* [Problem description]
What is needed is an exact transcription of every entry below.

= Beginning of Section =

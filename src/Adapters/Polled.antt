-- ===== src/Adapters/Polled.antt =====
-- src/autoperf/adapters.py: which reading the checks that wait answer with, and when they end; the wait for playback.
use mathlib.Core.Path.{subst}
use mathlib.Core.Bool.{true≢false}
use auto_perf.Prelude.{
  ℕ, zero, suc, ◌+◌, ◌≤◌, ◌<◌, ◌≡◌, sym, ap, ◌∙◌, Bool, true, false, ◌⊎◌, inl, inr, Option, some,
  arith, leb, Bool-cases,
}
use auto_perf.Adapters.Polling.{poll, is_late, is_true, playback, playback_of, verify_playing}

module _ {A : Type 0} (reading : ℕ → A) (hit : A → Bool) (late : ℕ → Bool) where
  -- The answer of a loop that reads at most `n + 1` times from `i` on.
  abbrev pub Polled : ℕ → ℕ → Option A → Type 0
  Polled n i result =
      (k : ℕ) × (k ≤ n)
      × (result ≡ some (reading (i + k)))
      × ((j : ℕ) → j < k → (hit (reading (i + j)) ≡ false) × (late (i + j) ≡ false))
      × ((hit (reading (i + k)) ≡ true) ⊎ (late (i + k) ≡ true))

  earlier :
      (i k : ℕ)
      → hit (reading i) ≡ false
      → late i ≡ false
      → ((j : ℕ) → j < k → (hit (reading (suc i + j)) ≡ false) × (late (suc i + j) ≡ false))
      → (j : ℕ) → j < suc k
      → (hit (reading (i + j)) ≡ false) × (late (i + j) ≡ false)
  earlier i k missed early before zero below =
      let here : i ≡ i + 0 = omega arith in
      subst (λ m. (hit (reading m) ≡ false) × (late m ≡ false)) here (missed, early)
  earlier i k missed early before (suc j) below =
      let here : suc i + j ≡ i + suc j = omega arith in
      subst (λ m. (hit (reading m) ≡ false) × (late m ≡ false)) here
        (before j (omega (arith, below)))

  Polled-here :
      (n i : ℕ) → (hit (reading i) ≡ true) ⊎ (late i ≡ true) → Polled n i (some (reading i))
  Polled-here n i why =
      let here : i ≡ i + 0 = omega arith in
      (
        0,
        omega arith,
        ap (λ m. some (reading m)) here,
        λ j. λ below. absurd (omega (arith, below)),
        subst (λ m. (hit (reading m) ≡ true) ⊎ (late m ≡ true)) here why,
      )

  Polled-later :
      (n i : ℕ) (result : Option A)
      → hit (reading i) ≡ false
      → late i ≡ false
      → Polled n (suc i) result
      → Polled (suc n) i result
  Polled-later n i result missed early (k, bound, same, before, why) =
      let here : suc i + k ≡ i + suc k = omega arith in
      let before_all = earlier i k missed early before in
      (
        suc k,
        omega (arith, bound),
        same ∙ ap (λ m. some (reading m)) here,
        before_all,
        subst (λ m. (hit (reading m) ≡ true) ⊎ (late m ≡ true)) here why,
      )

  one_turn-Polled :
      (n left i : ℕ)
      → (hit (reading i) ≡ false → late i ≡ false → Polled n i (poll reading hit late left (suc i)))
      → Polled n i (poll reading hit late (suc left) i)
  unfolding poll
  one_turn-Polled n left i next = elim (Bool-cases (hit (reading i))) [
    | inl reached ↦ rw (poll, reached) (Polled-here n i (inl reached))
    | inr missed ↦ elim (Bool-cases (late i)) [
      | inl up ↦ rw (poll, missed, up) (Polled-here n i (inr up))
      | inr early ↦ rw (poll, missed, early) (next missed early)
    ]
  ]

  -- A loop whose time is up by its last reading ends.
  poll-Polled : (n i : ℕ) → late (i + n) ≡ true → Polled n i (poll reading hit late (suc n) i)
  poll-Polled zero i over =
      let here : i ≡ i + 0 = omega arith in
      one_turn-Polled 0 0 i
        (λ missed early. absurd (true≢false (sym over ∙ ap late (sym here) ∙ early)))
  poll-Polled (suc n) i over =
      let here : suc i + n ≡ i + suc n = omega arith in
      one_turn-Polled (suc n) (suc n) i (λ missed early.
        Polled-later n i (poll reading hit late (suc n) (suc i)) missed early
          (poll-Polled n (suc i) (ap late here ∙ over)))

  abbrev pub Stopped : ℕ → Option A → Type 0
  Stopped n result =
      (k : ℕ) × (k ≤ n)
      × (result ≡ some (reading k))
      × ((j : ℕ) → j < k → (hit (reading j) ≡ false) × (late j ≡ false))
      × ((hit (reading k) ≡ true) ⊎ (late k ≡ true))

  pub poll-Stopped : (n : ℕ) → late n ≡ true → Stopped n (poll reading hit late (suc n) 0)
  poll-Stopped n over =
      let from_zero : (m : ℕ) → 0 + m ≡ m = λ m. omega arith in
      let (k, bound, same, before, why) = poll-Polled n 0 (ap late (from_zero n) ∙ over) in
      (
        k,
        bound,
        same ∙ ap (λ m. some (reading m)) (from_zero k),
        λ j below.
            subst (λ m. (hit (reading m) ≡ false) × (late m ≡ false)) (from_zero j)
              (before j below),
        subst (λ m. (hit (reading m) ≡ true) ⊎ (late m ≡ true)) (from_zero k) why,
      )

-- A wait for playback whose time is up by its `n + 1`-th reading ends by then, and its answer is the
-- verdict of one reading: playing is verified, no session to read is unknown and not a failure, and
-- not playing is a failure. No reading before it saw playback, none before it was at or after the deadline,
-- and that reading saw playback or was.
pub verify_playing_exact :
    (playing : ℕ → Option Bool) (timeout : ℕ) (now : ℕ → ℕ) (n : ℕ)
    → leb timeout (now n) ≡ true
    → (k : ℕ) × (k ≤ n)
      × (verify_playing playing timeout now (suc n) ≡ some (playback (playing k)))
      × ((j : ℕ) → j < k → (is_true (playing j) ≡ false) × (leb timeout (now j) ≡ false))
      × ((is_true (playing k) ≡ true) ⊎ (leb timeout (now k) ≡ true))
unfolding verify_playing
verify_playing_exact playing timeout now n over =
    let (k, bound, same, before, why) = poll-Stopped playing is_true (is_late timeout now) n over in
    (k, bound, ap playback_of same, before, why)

= End of Section =

* [Answer space]
filename src/Adapters/Polled.antt
-- ===== src/Adapters/Polled.antt =====
-- src/autoperf/adapters.py: which reading the checks that wait answer with, and when they end; the wait for playback.
use mathlib.Core.Path.{subst}
use mathlib.Core.Bool.{true≢false}
use auto_perf.Prelude.{
  ℕ, zero, suc, ◌+◌, ◌≤◌, ◌<◌, ◌≡◌, sym, ap, ◌∙◌, Bool, true, false, ◌⊎◌, inl, inr, Option, some,
  arith, leb, Bool-cases,
}
use auto_perf.Adapters.Polling.{poll, is_late, is_true, playback, playback_of, verify_playing}

module _ {A : Type 0} (reading : ℕ → A) (hit : A → Bool) (late : ℕ → Bool) where
  -- The answer of a loop that reads at most `n + 1` times from `i` on.
  abbrev pub Polled : ℕ → ℕ → Option A → Type 0
  Polled n i result =
      (k : ℕ) × (k ≤ n)
      × (result ≡ some (reading (i + k)))
      × ((j : ℕ) → j < k → (hit (reading (i + j)) ≡ false) × (late (i + j) ≡ false))
      × ((hit (reading (i + k)) ≡ true) ⊎ (late (i + k) ≡ true))

  earlier :
      (i k : ℕ)
      → hit (reading i) ≡ false
      → late i ≡ false
      → ((j : ℕ) → j < k → (hit (reading (suc i + j)) ≡ false) × (late (suc i + j) ≡ false))
      → (j : ℕ) → j < suc k
      → (hit (reading (i + j)) ≡ false) × (late (i + j) ≡ false)
  earlier i k missed early before zero below =
      let here : i ≡ i + 0 = omega arith in
      subst (λ m. (hit (reading m) ≡ false) × (late m ≡ false)) here (missed, early)
  earlier i k missed early before (suc j) below =
      let here : suc i + j ≡ i + suc j = omega arith in
      subst (λ m. (hit (reading m) ≡ false) × (late m ≡ false)) here
        (before j (omega (arith, below)))

  Polled-here :
      (n i : ℕ) → (hit (reading i) ≡ true) ⊎ (late i ≡ true) → Polled n i (some (reading i))
  Polled-here n i why =
      let here : i ≡ i + 0 = omega arith in
      (
        0,
        omega arith,
        ap (λ m. some (reading m)) here,
        λ j. λ below. absurd (omega (arith, below)),
        subst (λ m. (hit (reading m) ≡ true) ⊎ (late m ≡ true)) here why,
      )

  Polled-later :
      (n i : ℕ) (result : Option A)
      → hit (reading i) ≡ false
      → late i ≡ false
      → Polled n (suc i) result
      → Polled (suc n) i result
  Polled-later n i result missed early (k, bound, same, before, why) =
      let here : suc i + k ≡ i + suc k = omega arith in
      let before_all = earlier i k missed early before in
      (
        suc k,
        omega (arith, bound),
        same ∙ ap (λ m. some (reading m)) here,
        before_all,
        subst (λ m. (hit (reading m) ≡ true) ⊎ (late m ≡ true)) here why,
      )

  one_turn-Polled :
      (n left i : ℕ)
      → (hit (reading i) ≡ false → late i ≡ false → Polled n i (poll reading hit late left (suc i)))
      → Polled n i (poll reading hit late (suc left) i)
  unfolding poll
  one_turn-Polled n left i next = elim (Bool-cases (hit (reading i))) [
    | inl reached ↦ rw (poll, reached) (Polled-here n i (inl reached))
    | inr missed ↦ elim (Bool-cases (late i)) [
      | inl up ↦ rw (poll, missed, up) (Polled-here n i (inr up))
      | inr early ↦ rw (poll, missed, early) (next missed early)
    ]
  ]

  -- A loop whose time is up by its last reading ends.
  poll-Polled : (n i : ℕ) → late (i + n) ≡ true → Polled n i (poll reading hit late (suc n) i)
  poll-Polled zero i over =
      let here : i ≡ i + 0 = omega arith in
      one_turn-Polled 0 0 i
        (λ missed early. absurd (true≢false (sym over ∙ ap late (sym here) ∙ early)))
  poll-Polled (suc n) i over =
      let here : suc i + n ≡ i + suc n = omega arith in
      one_turn-Polled (suc n) (suc n) i (λ missed early.
        Polled-later n i (poll reading hit late (suc n) (suc i)) missed early
          (poll-Polled n (suc i) (ap late here ∙ over)))

  abbrev pub Stopped : ℕ → Option A → Type 0
  Stopped n result =
      (k : ℕ) × (k ≤ n)
      × (result ≡ some (reading k))
      × ((j : ℕ) → j < k → (hit (reading j) ≡ false) × (late j ≡ false))
      × ((hit (reading k) ≡ true) ⊎ (late k ≡ true))

  pub poll-Stopped : (n : ℕ) → late n ≡ true → Stopped n (poll reading hit late (suc n) 0)
  poll-Stopped n over =
      let from_zero : (m : ℕ) → 0 + m ≡ m = λ m. omega arith in
      let (k, bound, same, before, why) = poll-Polled n 0 (ap late (from_zero n) ∙ over) in
      (
        k,
        bound,
        same ∙ ap (λ m. some (reading m)) (from_zero k),
        λ j below.
            subst (λ m. (hit (reading m) ≡ false) × (late m ≡ false)) (from_zero j)
              (before j below),
        subst (λ m. (hit (reading m) ≡ true) ⊎ (late m ≡ true)) (from_zero k) why,
      )

-- A wait for playback whose time is up by its `n + 1`-th reading ends by then, and its answer is the
-- verdict of one reading: playing is verified, no session to read is unknown and not a failure, and
-- not playing is a failure. No reading before it saw playback, none before it was at or after the deadline,
-- and that reading saw playback or was.
pub verify_playing_exact :
    (playing : ℕ → Option Bool) (timeout : ℕ) (now : ℕ → ℕ) (n : ℕ)
    → leb timeout (now n) ≡ true
    → (k : ℕ) × (k ≤ n)
      × (verify_playing playing timeout now (suc n) ≡ some (playback (playing k)))
      × ((j : ℕ) → j < k → (is_true (playing j) ≡ false) × (leb timeout (now j) ≡ false))
      × ((is_true (playing k) ≡ true) ⊎ (leb timeout (now k) ≡ true))
unfolding verify_playing
verify_playing_exact playing timeout now n over =
    let (k, bound, same, before, why) = poll-Stopped playing is_true (is_late timeout now) n over in
    (k, bound, ap playback_of same, before, why)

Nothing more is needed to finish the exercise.